A recent study showed 58% of IBM patients have aberrant populations of circulating large granular lymphocytes and meet the diagnostic criteria for T-cell large granular lymphocytic leukemia (T-LGL).34
“These cells are clonal and stable, and they express various markers, including CD57, which is a marker for T cells undergoing persistent antigenic stimulation,” said Dr. Mammen. “These T cells have increased cytotoxic potential and resistance to apoptosis. They tend not to be killed by corticosteroids, which may be why these patients don’t respond to this treatment.” Patients who meet the T-LGL criteria tend to have more severe disease. LGL cells are more prevalent in the blood of IBM patients than in controls, and the CD87+ T cells invade a patient’s muscle fiber. “The more abnormal LGL lymphocytes you have in your blood, the more inflammation you have in your muscle.”

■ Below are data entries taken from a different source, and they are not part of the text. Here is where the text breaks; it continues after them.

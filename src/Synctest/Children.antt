-- ===== src/Synctest/Children.antt =====
-- The children that `doit` forks with the options of `main`, side by side.
use testunion.Common.{
  ℕ, ◌*◌, ◌≡◌, ◌≢◌, refl, List, [], ◌∷◌, ◌++◌, Bool, true, false, not, ◌==◌, All, length, ap,
}
use testunion.Synctest.Child.{Name, Call, Run, going, exited}
use testunion.Synctest.History.{History}
use testunion.Synctest.Ends.{limit, Ends}
use testunion.Synctest.Lag.{iterations_lag}
use testunion.Synctest.Main.{Options, child_settings, iter_count, run_child}
use testunion.Synctest.Together.{Merge, Leads, Family, nobody, member, Merge-Leads}

-- A child: the pid and the directory that it gets, and what the kernel answers it.
pub record Fork : Type 0 where
  pub pid : ℕ
  pub thread_group : ℕ
  pub kernel : List Call → Call → Bool

-- The calls of a run that succeeded, the latest first, and whether the run came to its end.
abbrev pub calls_of : Run → List Call
calls_of (going c) = c.calls
calls_of (exited call calls) = calls

abbrev pub is_going : Run → Bool
is_going (going c) = true
is_going (exited call calls) = false

abbrev pub run_fork : Options → Fork → Run
run_fork o f = run_child f.kernel o f.thread_group f.pid

abbrev pub pids : List Fork → List ℕ
pids [] = []
pids (f ∷ forks) = f.pid ∷ pids forks

abbrev pub traces : Options → List Fork → List (List Call)
traces o [] = []
traces o (f ∷ forks) = calls_of (run_fork o f) ∷ traces o forks

-- No two processes have the same number.
abbrev pub AreDistinct : List ℕ → Type 0
AreDistinct [] = Unit
AreDistinct (p ∷ ps) = All (λ q. q ≢ p) ps × AreDistinct ps

run-History :
    (kernel : List Call → Call → Bool) (pid : ℕ) (r : Run)
    → Ends kernel pid [] r
    → (names : List Name) × History kernel pid limit (calls_of r) names
      × (is_going r ≡ true → names ≡ [])
run-History kernel pid (going c) h = ([], h.history, λ e. refl)
run-History kernel pid (exited call calls) (fails, (names, h)) = (names, h, λ e. absurd (cc))

module _ (o : Options) (unlinking : (o.do_unlink == 0) ≡ false) where
  fork-History :
      (f : Fork)
      → (names : List Name) × History f.kernel f.pid limit (calls_of (run_fork o f)) names
        × (is_going (run_fork o f) ≡ true → names ≡ [])
  unfolding run_child child_settings
  fork-History f = run-History f.kernel f.pid _ (
      iterations_lag f.kernel (child_settings o f.thread_group f.pid) (iter_count o.n_iters)
        (ap not unlinking))

  forks-Family :
      (forks : List Fork)
      → AreDistinct (pids forks)
      → (names : List Name) × Family (pids forks) (traces o forks) names
        × (All (λ f. is_going (run_fork o f) ≡ true) forks → names ≡ [])
  forks-Family [] d = ([], nobody, λ e. refl)
  forks-Family (f ∷ forks) d =
      let (mine, h, gone) = fork-History f in
      let (names, fam, all_gone) = forks-Family forks d.1 in
      (
        mine ++ names,
        member f.kernel f.pid _ mine (pids forks) (traces o forks) names h d.0 fam,
        λ e. rw (gone e.0) (all_gone e.1),
      )

  -- With -u given, children with different pids run side by side as if each were alone: in whatever
  -- order their calls are mixed, each rename and unlink finds its file, no file is created or
  -- renamed over another one, no more than 31 files per child are there at any time, and if all the
  -- children run to their end, no file is left.
  pub children-Leads :
      (forks : List Fork) (calls : List Call)
      → AreDistinct (pids forks)
      → Merge (traces o forks) calls
      → (names : List Name) × Leads (length (pids forks) * limit) calls names
        × (All (λ f. is_going (run_fork o f) ≡ true) forks → names ≡ [])
  children-Leads forks calls d merge =
      let (names, fam, gone) = forks-Family forks d in (names, Merge-Leads merge fam, gone)
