-- ===== src/Synctest/Directories.antt =====
-- The directories that `doit` makes for its children, and the ones that it removes.
use native.Mathlib.Nat.{div-add-mod', mod-lt, lt_of_mul-lt-mul_right, le_of_mul-le-mul_right}
use testunion.Common.{
  ℕ, zero, suc, ◌+◌, ◌-◌, ◌*◌, ◌/◌, ◌%◌, ◌≤◌, ◌<◌, ◌≡◌, ◌≢◌, ◌↔◌, refl, arith, List, [], ◌∷◌, Bool,
  true, ◌==◌, Bool-cases, subst, sym, inl, inr,
}
use testunion.Synctest.Parent.{
  Action, make_dir, start_child, remove_dir, start_from, remove_from, remove_dirs,
}

-- How many directories the actions make, and how many they remove.
abbrev pub made : List Action → ℕ
made [] = 0
made (make_dir g ∷ actions) = suc (made actions)
made (start_child i g ∷ actions) = made actions
made (remove_dir g ∷ actions) = made actions

abbrev pub removed : List Action → ℕ
removed [] = 0
removed (make_dir g ∷ actions) = removed actions
removed (start_child i g ∷ actions) = removed actions
removed (remove_dir g ∷ actions) = suc (removed actions)

removed-remove_from : (g n : ℕ) → removed (remove_from g n) ≡ n
unfolding remove_from
removed-remove_from g zero = refl
removed-remove_from g (suc n) = ground (arith, removed-remove_from (g + 1) n)

-- The actions are in order when `made` directories have been made: the next directory is the next
-- number, and child `i` starts in directory `i / threads_per_dir`, which has been made.
abbrev pub InOrder : ℕ → ℕ → List Action → Type 0
InOrder threads_per_dir groups [] = Unit
InOrder threads_per_dir groups (make_dir g ∷ actions) =
    (g ≡ groups) × InOrder threads_per_dir (groups + 1) actions
InOrder threads_per_dir groups (start_child i g ∷ actions) =
    (g ≡ i / threads_per_dir) × (g < groups) × InOrder threads_per_dir groups actions
InOrder threads_per_dir groups (remove_dir g ∷ actions) = ⊥

zero_add : (n : ℕ) → 0 + n ≡ n
zero_add n = omega arith

module _ (t : ℕ) (positive : 0 < t) where
  -- `groups` directories are enough for `i` children, and one less is not.
  abbrev IsCount : ℕ → ℕ → Type 0
  IsCount i groups = (i ≤ groups * t) × (groups * t < i + t)

  count_new : (i g : ℕ) → i % t ≡ 0 → IsCount i g → (g * t ≡ i) × (i / t ≡ g)
  count_new i g m c =
      let whole : i / t * t ≡ i = omega (arith, div-add-mod' i t, m) in
      let less : g < i / t + 1 = lt_of_mul-lt-mul_right t (omega (arith, whole, c.1)) in
      let more : i / t ≤ g = le_of_mul-le-mul_right (omega (arith, whole, c.0)) positive in
      let same : i / t ≡ g = omega (arith, less, more) in (rw same at whole, same)

  count_old : (i g : ℕ) → i % t ≢ 0 → IsCount i g → (i / t + 1 ≡ g) × (i < g * t)
  count_old i g m c =
      let whole : i / t * t + i % t ≡ i = div-add-mod' i t in
      let small : i % t < t = mod-lt i positive in
      let some_left : 0 < i % t = ground arith in
      let more : i / t < g = lt_of_mul-lt-mul_right t (omega (arith, whole, some_left, c.0)) in
      let less : g < i / t + 2 = lt_of_mul-lt-mul_right t (omega (arith, whole, small, c.1)) in
      let same : i / t + 1 ≡ g = omega (arith, less, more) in
      (same, subst (λ k. i < k * t) same (omega (arith, whole, small)))

  -- The count goes on, with a new directory and without.
  next_new : (i g : ℕ) → i % t ≡ 0 → IsCount i g → IsCount (i + 1) (g + 1)
  next_new i g m c =
      let same = (count_new i g m c).0 in
      (omega (arith, same, positive), omega (arith, same, positive))

  next_old : (i g : ℕ) → i % t ≢ 0 → IsCount i g → IsCount (i + 1) g
  next_old i g m c = (omega (arith, (count_old i g m c).1), omega (arith, c.1))

  module _ (mkdir : ℕ → Bool) (works : (g : ℕ) → mkdir g ≡ true) where
    -- What the loop does from child `i` on: it is in order, and makes as many as are needed.
    abbrev IsStarted : ℕ → ℕ → ℕ → List Action → Type 0
    IsStarted i g n actions = InOrder t g actions × IsCount (i + n) (g + made actions)

    IsStarted-new :
        (i g n : ℕ) (rest : List Action)
        → i % t ≡ 0
        → IsCount i g
        → IsStarted (i + 1) (g + 1) n rest
        → IsStarted i g (suc n) (make_dir g ∷ start_child i g ∷ rest)
    IsStarted-new i g n rest m c h =
        let same = (count_new i g m c).1 in
        let e : i + suc n ≡ i + 1 + n = omega arith in
        let e' : g + suc (made rest) ≡ g + 1 + made rest = omega arith in
        ((refl, (sym same, omega arith, h.0)), rw (e, e') h.1)

    IsStarted-old :
        (i g n : ℕ) (rest : List Action)
        → i % t ≢ 0
        → IsCount i g
        → IsStarted (i + 1) g n rest
        → IsStarted i g (suc n) (start_child i (g - 1) ∷ rest)
    IsStarted-old i g n rest m c h =
        let same = (count_old i g m c).0 in
        let e : i + suc n ≡ i + 1 + n = omega arith in
        ((omega (arith, same), omega (arith, same), h.0), rw e h.1)

    start_from_lem : (n i g : ℕ) → IsCount i g → IsStarted i g n (start_from t mkdir i g n)
    unfolding start_from
    start_from_lem zero i g c =
        let e : i + 0 ≡ i = omega arith in let e' : g + 0 ≡ g = omega arith in (tt, rw (e, e') c)
    start_from_lem (suc n) i g c = elim (Bool-cases (i % t == 0)) [
      | inl z ↦
          let m : i % t ≡ 0 = ground arith in
          rw (z, works g)
            (IsStarted-new i g n _ m c (start_from_lem n (i + 1) (g + 1) (next_new i g m c)))
      | inr z ↦
          let m : i % t ≢ 0 = ground arith in
          rw z (IsStarted-old i g n _ m c (start_from_lem n (i + 1) g (next_old i g m c)))
    ]

-- If every mkdir succeeds and a directory is for at least one child, then each directory is made
-- before its children start, child i in directory i / threads_per_dir; and as many directories are
-- removed as were made exactly when threads_per_dir divides n_threads.
pub directories_lem :
    (threads_per_dir n_threads : ℕ) (mkdir : ℕ → Bool)
    → 0 < threads_per_dir
    → ((g : ℕ) → mkdir g ≡ true)
    → InOrder threads_per_dir 0 (start_from threads_per_dir mkdir 0 0 n_threads)
      × ((made (start_from threads_per_dir mkdir 0 0 n_threads)
            ≡ removed (remove_dirs n_threads threads_per_dir))
          ↔ (n_threads % threads_per_dir ≡ 0))
unfolding remove_dirs
directories_lem t n mkdir positive works =
    let (order, count) = start_from_lem t positive mkdir works n 0 0 (omega (arith, positive)) in
    let k = made (start_from t mkdir 0 0 n) in
    let c : IsCount t positive n k = rw (zero_add n, zero_add k) at count in
    let gone : removed (remove_from 0 (n / t)) ≡ n / t = removed-remove_from 0 (n / t) in
    (
      order,
      (
        λ e. elim (Bool-cases (n % t == 0)) [
          | inl z ↦ ground arith
          | inr z ↦
              let old : n / t + 1 ≡ k = (count_old t positive n k (ground arith) c).0 in
              absurd (omega (arith, e, gone, old))
        ],
        λ m. omega (arith, gone, (count_new t positive n k m c).1),
      ),
    )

IBM’s phenotype differs from that of T-LGL in a few ways: More men have IBM than women—which is not true for T-LGL—and T-LGL features, such as neutropenia, are not seen in IBM, said Dr. Mammen.
“A reasonable hypothesis is that persistent, antigenic stimulation of T cells have sort of precipitated a neoplastic-like disorder, where you have a population of aggressive and resistant T cells, and it may explain why IBM is refractory to most immunosuppressive therapies like corticosteroids, because the T-LGL cells are also resistant to corticosteroids,” he said.